§ Task objective:
Word for word, transcribe the data below from the line with "text : String → Scalar" to the line with "count_of n = scalar (integer n)", keeping both of those lines.

§ Supplied material:
+ + + +

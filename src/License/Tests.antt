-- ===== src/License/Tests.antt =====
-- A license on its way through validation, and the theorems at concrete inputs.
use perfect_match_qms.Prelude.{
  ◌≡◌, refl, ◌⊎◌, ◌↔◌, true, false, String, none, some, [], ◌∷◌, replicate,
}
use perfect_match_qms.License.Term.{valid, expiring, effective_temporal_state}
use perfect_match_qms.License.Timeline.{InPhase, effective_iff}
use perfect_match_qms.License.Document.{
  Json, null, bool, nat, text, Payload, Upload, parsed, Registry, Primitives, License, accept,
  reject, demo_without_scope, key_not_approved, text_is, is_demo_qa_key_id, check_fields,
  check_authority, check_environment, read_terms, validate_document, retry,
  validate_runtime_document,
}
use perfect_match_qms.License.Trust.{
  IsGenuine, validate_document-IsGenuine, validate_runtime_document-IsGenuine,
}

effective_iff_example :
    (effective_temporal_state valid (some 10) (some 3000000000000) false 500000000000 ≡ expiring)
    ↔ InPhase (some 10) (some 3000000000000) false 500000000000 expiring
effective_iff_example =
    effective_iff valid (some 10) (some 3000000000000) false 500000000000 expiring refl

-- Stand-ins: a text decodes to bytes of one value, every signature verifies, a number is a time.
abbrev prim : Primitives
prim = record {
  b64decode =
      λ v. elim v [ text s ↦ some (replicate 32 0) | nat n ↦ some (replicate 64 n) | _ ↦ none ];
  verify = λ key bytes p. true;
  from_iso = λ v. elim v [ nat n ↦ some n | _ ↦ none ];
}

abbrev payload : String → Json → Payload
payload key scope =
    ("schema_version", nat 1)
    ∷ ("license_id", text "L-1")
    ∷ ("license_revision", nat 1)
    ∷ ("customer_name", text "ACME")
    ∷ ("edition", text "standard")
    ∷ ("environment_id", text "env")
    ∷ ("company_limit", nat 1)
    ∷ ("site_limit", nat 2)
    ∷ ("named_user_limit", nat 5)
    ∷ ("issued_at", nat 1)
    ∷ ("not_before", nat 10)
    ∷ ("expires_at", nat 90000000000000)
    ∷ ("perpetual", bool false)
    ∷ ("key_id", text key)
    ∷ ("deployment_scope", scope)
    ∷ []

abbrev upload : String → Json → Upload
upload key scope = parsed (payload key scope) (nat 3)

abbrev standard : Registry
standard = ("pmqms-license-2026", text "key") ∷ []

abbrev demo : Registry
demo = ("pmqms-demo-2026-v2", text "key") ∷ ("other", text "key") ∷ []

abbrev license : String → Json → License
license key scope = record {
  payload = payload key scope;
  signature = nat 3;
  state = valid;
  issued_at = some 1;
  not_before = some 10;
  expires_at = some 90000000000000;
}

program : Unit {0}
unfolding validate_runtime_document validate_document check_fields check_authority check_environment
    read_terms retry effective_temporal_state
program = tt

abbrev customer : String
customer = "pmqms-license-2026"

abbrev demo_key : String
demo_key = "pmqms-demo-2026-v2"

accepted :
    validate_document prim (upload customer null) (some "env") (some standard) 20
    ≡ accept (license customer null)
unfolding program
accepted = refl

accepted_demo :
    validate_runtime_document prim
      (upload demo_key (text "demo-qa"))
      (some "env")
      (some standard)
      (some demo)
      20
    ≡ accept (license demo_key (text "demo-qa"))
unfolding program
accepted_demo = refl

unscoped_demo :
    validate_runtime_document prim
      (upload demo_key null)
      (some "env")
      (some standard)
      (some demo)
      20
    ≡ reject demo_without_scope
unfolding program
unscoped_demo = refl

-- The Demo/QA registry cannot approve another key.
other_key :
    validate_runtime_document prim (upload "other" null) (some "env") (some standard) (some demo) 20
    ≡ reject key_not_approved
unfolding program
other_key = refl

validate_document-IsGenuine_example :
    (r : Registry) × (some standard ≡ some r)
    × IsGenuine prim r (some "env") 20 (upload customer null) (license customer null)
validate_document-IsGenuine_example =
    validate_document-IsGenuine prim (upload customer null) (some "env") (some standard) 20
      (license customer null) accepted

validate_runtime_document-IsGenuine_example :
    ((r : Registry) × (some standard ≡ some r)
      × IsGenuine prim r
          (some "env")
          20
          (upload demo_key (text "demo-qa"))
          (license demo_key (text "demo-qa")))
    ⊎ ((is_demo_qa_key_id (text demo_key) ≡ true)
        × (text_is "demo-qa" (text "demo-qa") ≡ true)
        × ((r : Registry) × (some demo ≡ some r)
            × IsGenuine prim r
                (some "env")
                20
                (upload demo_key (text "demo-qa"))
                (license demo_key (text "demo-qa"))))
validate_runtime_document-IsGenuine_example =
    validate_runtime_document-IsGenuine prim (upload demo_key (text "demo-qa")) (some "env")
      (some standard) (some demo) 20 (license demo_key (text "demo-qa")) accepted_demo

+ + + +

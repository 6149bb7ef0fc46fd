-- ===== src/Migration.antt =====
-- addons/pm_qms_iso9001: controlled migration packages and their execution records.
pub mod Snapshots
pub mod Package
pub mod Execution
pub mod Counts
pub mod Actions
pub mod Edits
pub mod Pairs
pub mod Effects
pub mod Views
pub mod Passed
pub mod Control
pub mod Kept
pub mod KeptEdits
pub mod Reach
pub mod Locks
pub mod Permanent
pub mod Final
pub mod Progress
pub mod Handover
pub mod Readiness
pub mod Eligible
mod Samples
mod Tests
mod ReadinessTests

+ + + +

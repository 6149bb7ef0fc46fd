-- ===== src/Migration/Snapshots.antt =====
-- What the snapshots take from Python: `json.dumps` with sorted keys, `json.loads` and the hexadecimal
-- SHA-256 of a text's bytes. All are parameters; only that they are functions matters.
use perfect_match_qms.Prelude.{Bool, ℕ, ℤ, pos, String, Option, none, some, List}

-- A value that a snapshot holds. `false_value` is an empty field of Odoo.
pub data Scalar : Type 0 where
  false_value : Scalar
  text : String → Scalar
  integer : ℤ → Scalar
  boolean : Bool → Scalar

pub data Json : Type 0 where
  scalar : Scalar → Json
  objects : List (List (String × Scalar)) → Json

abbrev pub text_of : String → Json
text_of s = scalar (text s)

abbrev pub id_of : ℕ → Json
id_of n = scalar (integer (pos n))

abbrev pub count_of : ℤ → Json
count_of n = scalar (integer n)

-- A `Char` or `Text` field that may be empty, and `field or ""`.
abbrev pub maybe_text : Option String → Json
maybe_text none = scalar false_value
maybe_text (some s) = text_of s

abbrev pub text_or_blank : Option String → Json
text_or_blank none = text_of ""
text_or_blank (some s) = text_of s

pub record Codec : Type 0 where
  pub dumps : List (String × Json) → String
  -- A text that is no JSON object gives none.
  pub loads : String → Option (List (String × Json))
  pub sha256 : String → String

+ + + +

§ Answer to the exercise:
  text : String → Scalar
  integer : ℤ → Scalar
  boolean : Bool → Scalar

pub data Json : Type 0 where
  scalar : Scalar → Json
  objects : List (List (String × Scalar)) → Json

abbrev pub text_of : String → Json
text_of s = scalar (text s)

abbrev pub id_of : ℕ → Json
id_of n = scalar (integer (pos n))

abbrev pub count_of : ℤ → Json
count_of n = scalar (integer n)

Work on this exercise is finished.